What you need to do: Across the entries below, how many lines contain the word "Bool"? Give the number alone.

Stored data
++++++++++++++++++++
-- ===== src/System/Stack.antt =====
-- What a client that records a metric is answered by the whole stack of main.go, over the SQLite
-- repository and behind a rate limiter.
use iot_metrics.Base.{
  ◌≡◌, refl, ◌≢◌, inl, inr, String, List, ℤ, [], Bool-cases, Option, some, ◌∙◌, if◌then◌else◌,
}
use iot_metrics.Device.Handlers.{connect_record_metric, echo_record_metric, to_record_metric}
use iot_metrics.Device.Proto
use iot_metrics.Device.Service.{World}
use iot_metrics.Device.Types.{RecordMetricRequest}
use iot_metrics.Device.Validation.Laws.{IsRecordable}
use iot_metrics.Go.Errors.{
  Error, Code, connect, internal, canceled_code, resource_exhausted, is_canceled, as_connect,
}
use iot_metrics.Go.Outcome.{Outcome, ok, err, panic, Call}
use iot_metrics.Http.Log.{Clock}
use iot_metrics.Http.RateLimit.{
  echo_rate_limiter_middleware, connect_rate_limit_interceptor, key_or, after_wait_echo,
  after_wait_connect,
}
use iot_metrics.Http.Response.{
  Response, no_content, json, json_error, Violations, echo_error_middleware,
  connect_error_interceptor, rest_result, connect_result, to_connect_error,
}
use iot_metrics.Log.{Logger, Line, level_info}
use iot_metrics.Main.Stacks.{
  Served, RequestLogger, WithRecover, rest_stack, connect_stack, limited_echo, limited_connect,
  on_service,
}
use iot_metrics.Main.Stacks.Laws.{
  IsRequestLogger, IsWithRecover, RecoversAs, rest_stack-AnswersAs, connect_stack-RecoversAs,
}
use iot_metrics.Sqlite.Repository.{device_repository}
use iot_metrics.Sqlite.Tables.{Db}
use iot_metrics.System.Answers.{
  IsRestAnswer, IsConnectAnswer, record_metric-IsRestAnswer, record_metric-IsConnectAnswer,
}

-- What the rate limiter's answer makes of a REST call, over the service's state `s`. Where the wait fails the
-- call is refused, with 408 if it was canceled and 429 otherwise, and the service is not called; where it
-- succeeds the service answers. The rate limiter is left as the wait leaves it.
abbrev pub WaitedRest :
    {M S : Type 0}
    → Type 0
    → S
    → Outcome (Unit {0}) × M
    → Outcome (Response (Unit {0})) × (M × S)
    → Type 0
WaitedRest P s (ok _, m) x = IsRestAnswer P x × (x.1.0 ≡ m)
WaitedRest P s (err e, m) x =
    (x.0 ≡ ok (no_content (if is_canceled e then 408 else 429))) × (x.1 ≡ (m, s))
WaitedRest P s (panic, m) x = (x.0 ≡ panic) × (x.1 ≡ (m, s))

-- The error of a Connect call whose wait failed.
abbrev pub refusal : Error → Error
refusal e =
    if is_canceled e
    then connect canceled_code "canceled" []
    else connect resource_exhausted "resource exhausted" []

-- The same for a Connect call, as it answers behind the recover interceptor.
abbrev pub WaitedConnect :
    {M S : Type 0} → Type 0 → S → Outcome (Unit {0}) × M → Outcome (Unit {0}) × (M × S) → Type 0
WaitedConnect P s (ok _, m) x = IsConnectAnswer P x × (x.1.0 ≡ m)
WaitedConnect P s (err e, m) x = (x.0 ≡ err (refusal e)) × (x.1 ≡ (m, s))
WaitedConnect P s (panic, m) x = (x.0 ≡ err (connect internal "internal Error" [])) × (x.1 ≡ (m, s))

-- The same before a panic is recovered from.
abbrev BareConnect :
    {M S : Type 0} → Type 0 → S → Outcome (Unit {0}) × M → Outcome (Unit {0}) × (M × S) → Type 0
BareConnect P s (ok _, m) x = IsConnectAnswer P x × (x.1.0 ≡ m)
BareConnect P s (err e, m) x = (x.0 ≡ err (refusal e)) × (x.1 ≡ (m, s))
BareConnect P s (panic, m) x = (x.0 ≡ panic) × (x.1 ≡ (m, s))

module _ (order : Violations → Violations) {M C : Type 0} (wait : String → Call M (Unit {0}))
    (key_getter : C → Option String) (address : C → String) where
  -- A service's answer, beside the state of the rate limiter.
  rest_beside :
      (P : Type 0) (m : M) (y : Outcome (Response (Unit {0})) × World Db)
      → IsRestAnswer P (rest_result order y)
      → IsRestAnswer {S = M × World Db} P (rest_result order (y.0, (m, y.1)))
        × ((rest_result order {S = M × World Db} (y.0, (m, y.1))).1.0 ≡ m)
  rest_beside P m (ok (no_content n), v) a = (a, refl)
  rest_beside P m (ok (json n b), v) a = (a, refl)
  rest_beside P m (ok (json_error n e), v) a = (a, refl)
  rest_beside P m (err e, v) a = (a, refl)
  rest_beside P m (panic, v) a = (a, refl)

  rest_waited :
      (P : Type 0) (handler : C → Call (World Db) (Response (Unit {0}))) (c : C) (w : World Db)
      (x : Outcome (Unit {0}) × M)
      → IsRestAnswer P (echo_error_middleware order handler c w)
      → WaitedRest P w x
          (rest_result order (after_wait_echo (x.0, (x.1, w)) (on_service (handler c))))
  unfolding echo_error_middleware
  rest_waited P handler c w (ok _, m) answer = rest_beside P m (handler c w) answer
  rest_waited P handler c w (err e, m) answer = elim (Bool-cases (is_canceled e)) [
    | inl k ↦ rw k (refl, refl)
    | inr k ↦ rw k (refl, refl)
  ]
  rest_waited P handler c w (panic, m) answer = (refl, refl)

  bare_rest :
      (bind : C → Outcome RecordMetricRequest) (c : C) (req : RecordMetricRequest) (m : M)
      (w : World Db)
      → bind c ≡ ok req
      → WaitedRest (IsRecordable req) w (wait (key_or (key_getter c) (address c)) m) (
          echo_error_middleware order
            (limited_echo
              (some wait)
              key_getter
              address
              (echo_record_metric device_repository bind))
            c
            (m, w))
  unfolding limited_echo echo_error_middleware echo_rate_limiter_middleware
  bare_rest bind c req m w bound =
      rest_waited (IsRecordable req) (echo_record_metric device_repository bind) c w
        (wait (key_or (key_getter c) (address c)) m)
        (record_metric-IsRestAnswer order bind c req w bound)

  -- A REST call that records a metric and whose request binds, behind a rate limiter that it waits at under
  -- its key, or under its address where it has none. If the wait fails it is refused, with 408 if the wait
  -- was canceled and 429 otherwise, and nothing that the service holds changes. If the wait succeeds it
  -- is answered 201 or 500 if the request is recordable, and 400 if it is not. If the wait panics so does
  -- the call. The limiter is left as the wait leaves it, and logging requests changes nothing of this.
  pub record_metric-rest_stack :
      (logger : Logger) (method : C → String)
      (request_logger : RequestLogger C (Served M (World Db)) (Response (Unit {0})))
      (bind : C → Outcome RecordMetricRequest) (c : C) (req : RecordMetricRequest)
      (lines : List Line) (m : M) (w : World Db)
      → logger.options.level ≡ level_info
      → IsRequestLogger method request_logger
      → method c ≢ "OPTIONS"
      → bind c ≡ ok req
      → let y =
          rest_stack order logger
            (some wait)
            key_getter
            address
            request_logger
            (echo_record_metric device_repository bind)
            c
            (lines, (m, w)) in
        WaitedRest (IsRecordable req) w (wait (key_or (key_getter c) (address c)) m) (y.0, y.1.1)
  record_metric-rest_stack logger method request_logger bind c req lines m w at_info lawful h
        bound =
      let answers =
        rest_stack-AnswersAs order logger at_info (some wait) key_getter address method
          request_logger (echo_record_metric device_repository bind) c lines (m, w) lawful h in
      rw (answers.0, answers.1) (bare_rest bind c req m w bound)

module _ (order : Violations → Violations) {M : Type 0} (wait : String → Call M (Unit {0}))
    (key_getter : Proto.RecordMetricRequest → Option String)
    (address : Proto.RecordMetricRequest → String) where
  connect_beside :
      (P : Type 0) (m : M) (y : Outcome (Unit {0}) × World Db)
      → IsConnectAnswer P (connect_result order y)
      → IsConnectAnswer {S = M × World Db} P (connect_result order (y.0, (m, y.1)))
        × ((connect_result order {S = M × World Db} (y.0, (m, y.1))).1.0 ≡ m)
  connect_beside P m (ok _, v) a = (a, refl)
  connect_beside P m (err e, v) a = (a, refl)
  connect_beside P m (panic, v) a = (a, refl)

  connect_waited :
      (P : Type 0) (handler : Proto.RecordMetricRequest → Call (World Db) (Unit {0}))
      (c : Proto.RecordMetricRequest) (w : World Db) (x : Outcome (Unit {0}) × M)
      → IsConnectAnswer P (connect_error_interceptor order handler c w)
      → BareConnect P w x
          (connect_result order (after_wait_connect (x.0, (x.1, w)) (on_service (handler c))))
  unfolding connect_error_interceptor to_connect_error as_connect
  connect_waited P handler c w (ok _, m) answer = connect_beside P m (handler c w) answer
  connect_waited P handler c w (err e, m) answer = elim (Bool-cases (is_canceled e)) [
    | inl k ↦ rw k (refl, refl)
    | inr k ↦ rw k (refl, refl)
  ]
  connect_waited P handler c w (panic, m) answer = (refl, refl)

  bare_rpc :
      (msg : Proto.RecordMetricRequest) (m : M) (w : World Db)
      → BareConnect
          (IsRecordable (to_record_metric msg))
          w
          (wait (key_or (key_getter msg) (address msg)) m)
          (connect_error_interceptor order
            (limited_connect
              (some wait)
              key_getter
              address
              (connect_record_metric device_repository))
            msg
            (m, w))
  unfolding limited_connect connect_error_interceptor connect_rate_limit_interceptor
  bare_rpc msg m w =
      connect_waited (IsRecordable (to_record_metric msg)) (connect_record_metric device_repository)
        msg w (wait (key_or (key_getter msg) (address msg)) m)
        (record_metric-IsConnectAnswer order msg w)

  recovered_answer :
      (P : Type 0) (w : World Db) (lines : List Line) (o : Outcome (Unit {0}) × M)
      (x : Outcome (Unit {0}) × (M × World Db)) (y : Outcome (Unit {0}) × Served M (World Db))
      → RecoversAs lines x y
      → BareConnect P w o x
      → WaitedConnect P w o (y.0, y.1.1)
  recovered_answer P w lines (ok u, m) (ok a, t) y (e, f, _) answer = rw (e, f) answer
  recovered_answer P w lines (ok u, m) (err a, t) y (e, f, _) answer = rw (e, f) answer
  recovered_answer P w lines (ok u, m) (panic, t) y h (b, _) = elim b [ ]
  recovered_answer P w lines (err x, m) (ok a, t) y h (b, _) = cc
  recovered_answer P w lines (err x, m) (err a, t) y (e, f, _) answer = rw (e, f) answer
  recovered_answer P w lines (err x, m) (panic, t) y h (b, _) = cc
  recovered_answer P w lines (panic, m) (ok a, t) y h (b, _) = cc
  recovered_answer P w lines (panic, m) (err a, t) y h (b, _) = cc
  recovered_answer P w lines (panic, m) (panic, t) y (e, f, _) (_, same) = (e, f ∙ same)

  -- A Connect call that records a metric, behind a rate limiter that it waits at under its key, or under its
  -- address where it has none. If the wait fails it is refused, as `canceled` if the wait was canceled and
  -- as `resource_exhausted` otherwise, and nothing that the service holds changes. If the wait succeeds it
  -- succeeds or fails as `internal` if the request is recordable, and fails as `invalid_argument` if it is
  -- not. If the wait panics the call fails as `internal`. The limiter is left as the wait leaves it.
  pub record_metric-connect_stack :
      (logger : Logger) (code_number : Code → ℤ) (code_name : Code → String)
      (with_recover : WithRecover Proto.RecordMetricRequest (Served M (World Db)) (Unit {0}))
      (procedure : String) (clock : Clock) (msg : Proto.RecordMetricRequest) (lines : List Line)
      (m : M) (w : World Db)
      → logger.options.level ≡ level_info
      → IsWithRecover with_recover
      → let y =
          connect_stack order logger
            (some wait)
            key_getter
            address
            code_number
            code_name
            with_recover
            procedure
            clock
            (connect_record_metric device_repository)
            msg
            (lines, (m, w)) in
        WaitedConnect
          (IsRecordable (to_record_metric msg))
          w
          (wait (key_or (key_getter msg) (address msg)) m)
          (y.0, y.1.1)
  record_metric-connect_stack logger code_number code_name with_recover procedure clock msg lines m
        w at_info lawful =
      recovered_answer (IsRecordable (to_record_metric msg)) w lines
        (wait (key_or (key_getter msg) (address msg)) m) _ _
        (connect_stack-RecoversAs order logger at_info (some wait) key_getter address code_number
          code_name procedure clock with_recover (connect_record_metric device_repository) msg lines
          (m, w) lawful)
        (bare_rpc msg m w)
++++++++++++++++++++
Finished task: 3